We relate to the environment around us in different ways and with different intensities. There are city dwellers who avoid natural landscapes and rural dwellers who do not set foot in the city at all. This sense of habitat is formed from familiar circumstances of daily life together with our instinctual root. Simply put, we learn to love what is familiar to us: we tend to relate to what we know well and has become habitual.

Connection with nature

In urban environments, it is not so easy to find space for biophilia to awaken in people. Compared to previous cultures, today's technology allows for a greater distance from nature than ever before. Technological advances, more time spent inside buildings and cars, and fewer activities that encourage biophilia and respect for the environment. These points promote the reinforcement of the disconnect between human beings and nature.

To what extent do our biological prospects and health now depend on the capacity for biophilia? It is important that we understand how biophilia is awakened, how it thrives, what it requires of us and how it is being used.

Unprecedented violence, pollution and environmental degradation demonstrate the need to strengthen the bond with nature. To save species and habitats, we need to reconnect with her emotionally. The idea is that humans won't fight to save something they can't connect to.

Paths: environmental education, architecture

The social ecologist Stephen Kellert asserts the need to update innate biophilic tendencies towards learning in a natural context. These activities must contemplate the multidimensionality of human functions - the need for knowledge, the aesthetic appeal, the reinforcement of affectivity and the expansion of creativity and imagination. Kellert considers that only the nature lived directly contributes to the full psychosomatic development of an environmental conscience.

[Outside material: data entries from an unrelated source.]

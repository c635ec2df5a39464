-- ===== src/Screen/Segments/Take.antt =====
-- Taking a box, the pending bytes and what was put out before.
use cast_app.Common.{
  ℕ, ◌≡◌, refl, ap, ◌∙◌, true, false, List, [], ◌∷◌, ◌++◌, append_assoc, Bool-cases, inl, inr,
}
use cast_app.Common.Text.{Text, text_eq}
use cast_app.Screen.Segments.{
  EncodedSegment, init_segment, fragment_segment, Mp4Segmenter, is_nil, emit_init, flush_fragment,
  take_moof, moof, mdat, take_box,
}

-- The same state with other pending bytes and more output before it.
abbrev pub shifted :
    List ℕ
    → List EncodedSegment
    → Mp4Segmenter × List EncodedSegment
    → Mp4Segmenter × List EncodedSegment
shifted p before (s, out) = (record s { pending = p }, before ++ out)

abbrev pub with_pending : Mp4Segmenter → List ℕ → Mp4Segmenter
with_pending s p = record s { pending = p }

module _ (p : List ℕ) (before : List EncodedSegment) where
  emit_init-shifted :
      (s : Mp4Segmenter) (out : List EncodedSegment)
      → emit_init (with_pending s p) (before ++ out) ≡ shifted p before (emit_init s out)
  emit_init-shifted s out = elim (Bool-cases s.init_emitted) [
    | inl e ↦ rw e refl
    | inr e ↦ elim (Bool-cases (is_nil s.init)) [
      | inl f ↦ rw (e, f) refl
      | inr f ↦
          rw (e, f)
            (ap (λ t. (record s { pending = p; init = []; init_emitted = true }, t))
              (append_assoc before out (init_segment s.init ∷ [])))
    ]
  ]

  flush_fragment-shifted :
      (s : Mp4Segmenter) (out : List EncodedSegment)
      → flush_fragment (with_pending s p) (before ++ out) ≡ shifted p before (flush_fragment s out)
  flush_fragment-shifted s out = elim (Bool-cases s.in_fragment) [
    | inl e ↦ rw e (
        ap (λ t. (record s { pending = p; fragment = []; in_fragment = true }, t))
          (append_assoc before out (fragment_segment s.fragment ∷ [])))
    | inr e ↦ rw e refl
  ]

  take_moof-shifted :
      (box : List ℕ) (s : Mp4Segmenter) (out : List EncodedSegment)
      → take_moof box (with_pending s p) (before ++ out) ≡ shifted p before (take_moof box s out)
  take_moof-shifted box s out =
      ap (λ (r : Mp4Segmenter × List EncodedSegment). begun (flush_fragment r.0 r.1))
        (emit_init-shifted s out)
      ∙ ap begun (flush_fragment-shifted (emit_init s out).0 (emit_init s out).1)
    where
      begun : Mp4Segmenter × List EncodedSegment → Mp4Segmenter × List EncodedSegment
      begun (s2, out2) = (record s2 { fragment = box; in_fragment = true }, out2)

  pub take_box-shifted :
      (kind : Text) (box : List ℕ) (s : Mp4Segmenter) (out : List EncodedSegment)
      → take_box kind box (with_pending s p) (before ++ out)
        ≡ shifted p before (take_box kind box s out)
  unfolding take_box
  take_box-shifted kind box s out = elim (Bool-cases (text_eq kind moof)) [
    | inl e ↦ rw e (take_moof-shifted box s out)
    | inr e ↦ elim (Bool-cases s.in_fragment) [
      | inl f ↦ elim (Bool-cases (text_eq kind mdat)) [
        | inl g ↦
            rw (e, f, g)
              (ap (λ t. (record s { pending = p; fragment = []; in_fragment = false }, t))
                (append_assoc before out (fragment_segment (s.fragment ++ box) ∷ [])))
        | inr g ↦ rw (e, f, g) refl
      ]
      | inr f ↦ elim (Bool-cases (text_eq kind mdat)) [
        | inl g ↦ rw (e, f, g) refl
        | inr g ↦ rw (e, f, g) refl
      ]
    ]
  ]
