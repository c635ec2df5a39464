-- ===== src/Screen/Segments/Chunks.antt =====
-- The box loop round by round, and its fuel.
use cast_app.Common.{
  ℕ, zero, suc, ◌+◌, ◌≤◌, ◌≡◌, refl, sym, ap, ◌∙◌, not, ◌&&◌, List, [], ◌++◌, append-nil,
  append_assoc, length, take, drop, take-append, drop-append, length-drop, Bool-cases, inl, inr,
  arith,
}
use cast_app.Screen.Segments.{
  EncodedSegment, Mp4Segmenter, is_nil, enter_opaque, take_box, stop, next, split_box, round,
  box_loop,
}
use cast_app.Screen.Segments.Cuts.{extend, HasBox, round-View, short_round}
use cast_app.Screen.Segments.Take.{shifted, with_pending, take_box-shifted}

-- The front box is taken, and what it put out.
abbrev pub boxed : Mp4Segmenter → ℕ → Mp4Segmenter × List EncodedSegment
boxed s total = take_box (take 4 (drop 4 s.pending)) (take total s.pending) s []

-- The state behind it.
abbrev pub past : Mp4Segmenter → ℕ → Mp4Segmenter
past s total = with_pending (boxed s total).0 (drop total s.pending)

-- A box at the front is taken, whatever stands behind it and was put out before.
abbrev pub HasStep : Mp4Segmenter → ℕ → Type 0
HasStep s total =
    (8 ≤ total)
    × (total ≤ length s.pending)
    × ((b : List ℕ) (out : List EncodedSegment)
        → round (extend s b) out ≡ next (extend (past s total) b, out ++ (boxed s total).1))
    × ((out : List EncodedSegment) → round s out ≡ next (past s total, out ++ (boxed s total).1))

split_box-extended :
    (total : ℕ) (s : Mp4Segmenter) (b : List ℕ) (out : List EncodedSegment)
    → 8 ≤ total
    → total ≤ length s.pending
    → split_box total (extend s b) out
      ≡ shifted
          (drop total s.pending ++ b)
          out
          (take_box (take 4 (drop 4 s.pending)) (take total s.pending) s [])
split_box-extended total s b out lo hi =
    rw
      (
        drop-append 4 s.pending b (omega arith),
        take-append 4 (drop 4 s.pending) b (omega (arith, length-drop 4 s.pending)),
        take-append total s.pending b hi,
        drop-append total s.pending b hi,
      )
      (ap
          (λ t.
            take_box (take 4 (drop 4 s.pending)) (take total s.pending)
              (with_pending s (drop total s.pending ++ b)) t)
          (sym (append-nil out))
        ∙ take_box-shifted (drop total s.pending ++ b) out (take 4 (drop 4 s.pending))
            (take total s.pending) s [])

pub box-Step : (s : Mp4Segmenter) (total : ℕ) → HasBox total s → HasStep s total
box-Step s total (lo, hi, taken) = (lo, hi, extended, rw_nil)
  where
    extended :
        (b : List ℕ) (out : List EncodedSegment)
        → round (extend s b) out ≡ next (extend (past s total) b, out ++ (boxed s total).1)
    extended b out = taken b out ∙ ap next (split_box-extended total s b out lo hi)

    rw_nil :
        (out : List EncodedSegment) → round s out ≡ next (past s total, out ++ (boxed s total).1)
    rw_nil out =
        ap (λ q. round (with_pending s q) out) (sym (append-nil s.pending))
        ∙ extended [] out
        ∙ ap (λ q. next (with_pending (boxed s total).0 q, out ++ (boxed s total).1))
            (append-nil (drop total s.pending))

enter_opaque-before :
    (s : Mp4Segmenter) (out : List EncodedSegment)
    → enter_opaque s out ≡ ((enter_opaque s []).0, out ++ (enter_opaque s []).1)
unfolding enter_opaque
enter_opaque-before s out = elim (Bool-cases (not s.init_emitted && not (is_nil s.init))) [
  | inl e ↦ rw e refl
  | inr e ↦ rw e (ap (λ t. (_, t)) (sym (append-nil out)))
]

-- What was put out before stays in front.
pub box_loop-zero : (s : Mp4Segmenter) (out : List EncodedSegment) → box_loop zero s out ≡ (s, out)
unfolding box_loop
box_loop-zero s out = refl

-- One round more, on a box.
pub box_loop-step :
    (fuel : ℕ) (s t : Mp4Segmenter) (out put : List EncodedSegment)
    → round s out ≡ next (t, put)
    → box_loop (suc fuel) s out ≡ box_loop fuel t put
unfolding box_loop
box_loop-step fuel s t out put e = rw e refl

pub box_loop-stop :
    (fuel : ℕ) (s : Mp4Segmenter) (out : List EncodedSegment)
    (result : Mp4Segmenter × List EncodedSegment)
    → round s out ≡ stop result
    → box_loop (suc fuel) s out ≡ result
unfolding box_loop
box_loop-stop fuel s out result e = rw e refl

pub box_loop-before :
    (fuel : ℕ) (s : Mp4Segmenter) (out : List EncodedSegment)
    → box_loop fuel s out ≡ ((box_loop fuel s []).0, out ++ (box_loop fuel s []).1)
box_loop-before zero s out = unfold box_loop in ap (λ t. (s, t)) (sym (append-nil out))
box_loop-before (suc fuel) s out = elim (round-View s) [
  | inl e ↦
      box_loop-stop fuel s out (s, out) (e out)
      ∙ ap (λ t. (s, t)) (sym (append-nil out))
      ∙ ap (λ r. (r.0, out ++ r.1)) (sym (box_loop-stop fuel s [] (s, []) (e [])))
  | inr (inl e) ↦
      box_loop-stop fuel s out (enter_opaque s out) (e out)
      ∙ enter_opaque-before s out
      ∙ ap (λ r. (r.0, out ++ r.1)) (sym (box_loop-stop fuel s [] (enter_opaque s []) (e [])))
  | inr (inr (total, box)) ↦
      taken total (box-Step s total box) (λ t out. box_loop-before fuel t out)
]
  where
    taken :
        (total : ℕ)
        → HasStep s total
        → ((t : Mp4Segmenter) (out : List EncodedSegment)
            → box_loop fuel t out ≡ ((box_loop fuel t []).0, out ++ (box_loop fuel t []).1))
        → box_loop (suc fuel) s out
          ≡ ((box_loop (suc fuel) s []).0, out ++ (box_loop (suc fuel) s []).1)
    taken total (lo, hi, more, plain) rest =
        box_loop-step fuel s (past s total) out (out ++ (boxed s total).1) (plain out)
        ∙ rest (past s total) (out ++ (boxed s total).1)
        ∙ ap (λ t. ((box_loop fuel (past s total) []).0, t))
            (append_assoc out (boxed s total).1 (box_loop fuel (past s total) []).1)
        ∙ ap (λ r. (r.0, out ++ r.1)) (sym (rest (past s total) (boxed s total).1))
        ∙ ap (λ r. (r.0, out ++ r.1))
            (sym (box_loop-step fuel s (past s total) [] (boxed s total).1 (plain [])))

-- A box shortens what is pending.
pub length-past :
    (s : Mp4Segmenter) (total : ℕ)
    → HasStep s total
    → length (past s total).pending + total ≡ length s.pending
length-past s total (lo, hi, more, plain) = omega (arith, length-drop total s.pending, hi)

length-enter_opaque :
    (s : Mp4Segmenter) (out : List EncodedSegment)
    → length (enter_opaque s out).0.pending ≤ length s.pending
unfolding enter_opaque
length-enter_opaque s out = omega arith

-- The loop leaves no more pending than there was.
pub box_loop-shrinks :
    (fuel : ℕ) (s : Mp4Segmenter) (out : List EncodedSegment)
    → length (box_loop fuel s out).0.pending ≤ length s.pending
box_loop-shrinks zero s out = unfold box_loop in omega arith
box_loop-shrinks (suc fuel) s out = elim (round-View s) [
  | inl e ↦ rw (box_loop-stop fuel s out (s, out) (e out)) (omega arith)
  | inr (inl e) ↦
      rw (box_loop-stop fuel s out (enter_opaque s out) (e out)) (length-enter_opaque s out)
  | inr (inr (total, box)) ↦
      let step = box-Step s total box in
      rw (box_loop-step fuel s (past s total) out (out ++ (boxed s total).1) (step.3 out)) (
        omega (
          arith,
          box_loop-shrinks fuel (past s total) (out ++ (boxed s total).1),
          length-past s total step,
        ))
]

-- Fuel for the pending bytes is enough: more of it changes nothing.
pub box_loop_fuel :
    (n m : ℕ) (s : Mp4Segmenter) (out : List EncodedSegment)
    → length s.pending ≤ n
    → length s.pending ≤ m
    → box_loop n s out ≡ box_loop m s out
box_loop_fuel zero zero s out a b = refl
box_loop_fuel zero (suc m) s out a b =
    box_loop-zero s out ∙ sym (box_loop-stop m s out (s, out) (short_round s out (omega arith)))
box_loop_fuel (suc n) zero s out a b =
    box_loop-stop n s out (s, out) (short_round s out (omega arith)) ∙ sym (box_loop-zero s out)
box_loop_fuel (suc n) (suc m) s out a b = elim (round-View s) [
  | inl e ↦ box_loop-stop n s out (s, out) (e out) ∙ sym (box_loop-stop m s out (s, out) (e out))
  | inr (inl e) ↦
      box_loop-stop n s out (enter_opaque s out) (e out)
      ∙ sym (box_loop-stop m s out (enter_opaque s out) (e out))
  | inr (inr (total, box)) ↦
      let step = box-Step s total box in
      let put = out ++ (boxed s total).1 in
      box_loop-step n s (past s total) out put (step.3 out)
      ∙ box_loop_fuel n m (past s total) put (omega (arith, length-past s total step, step.0))
          (omega (arith, length-past s total step, step.0))
      ∙ sym (box_loop-step m s (past s total) out put (step.3 out))
]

In this context, urban society increasingly opts for forms of symbolic contact with the natural environment in which the child configures representations of a purely virtual nature, knowing what a tree is because he saw it in pictures or on TV, without ever having actually touched it. and felt one. This process of extinction of real experience seems to flow in parallel with the extinction of biodiversity.

Through educational processes, children can be involved with nature, walking in natural environments, observing living beings closely. When stimulated, the child's mind opens up to bonds with non-human life forms. Exploration and recreation in parks, beaches, zoos, botanical gardens and museums is fundamental to this process. In this way, the child acquires knowledge along with pleasant emotions.

Direct contact with living things (blackberries, strawberries, insects, birds and mammals) and physical (air, soil, water, rocks) affects the child in ways that symbolic experience cannot replace. The more we understand other forms of life, the more we will learn about them, and the greater the value placed on them.

In architecture, one strategy that seeks to reconnect people with the natural environment is biophilic design. It is a complement to green architecture, which reduces the environmental impact of the built world. An example would be the inclusion of more green spaces in the city, more classes that revolve around nature, and the execution of smart design for greener cities that integrate ecosystems in a biophilic design. Each species is a unique creation, a masterpiece of nature.

Preserving the environment is not a matter of “liking nature or not”, but rather of survival and the search for balance with the planet. If we don't save species and environments, we might not be able to save ourselves. We depend more on nature than we can imagine. We have several reasons to cultivate biophilia and propagate respect for nature. Do we want a civilization that will move towards a more intimate relationship with the natural world or that will continue to separate and isolate itself from the nature of which it is a part?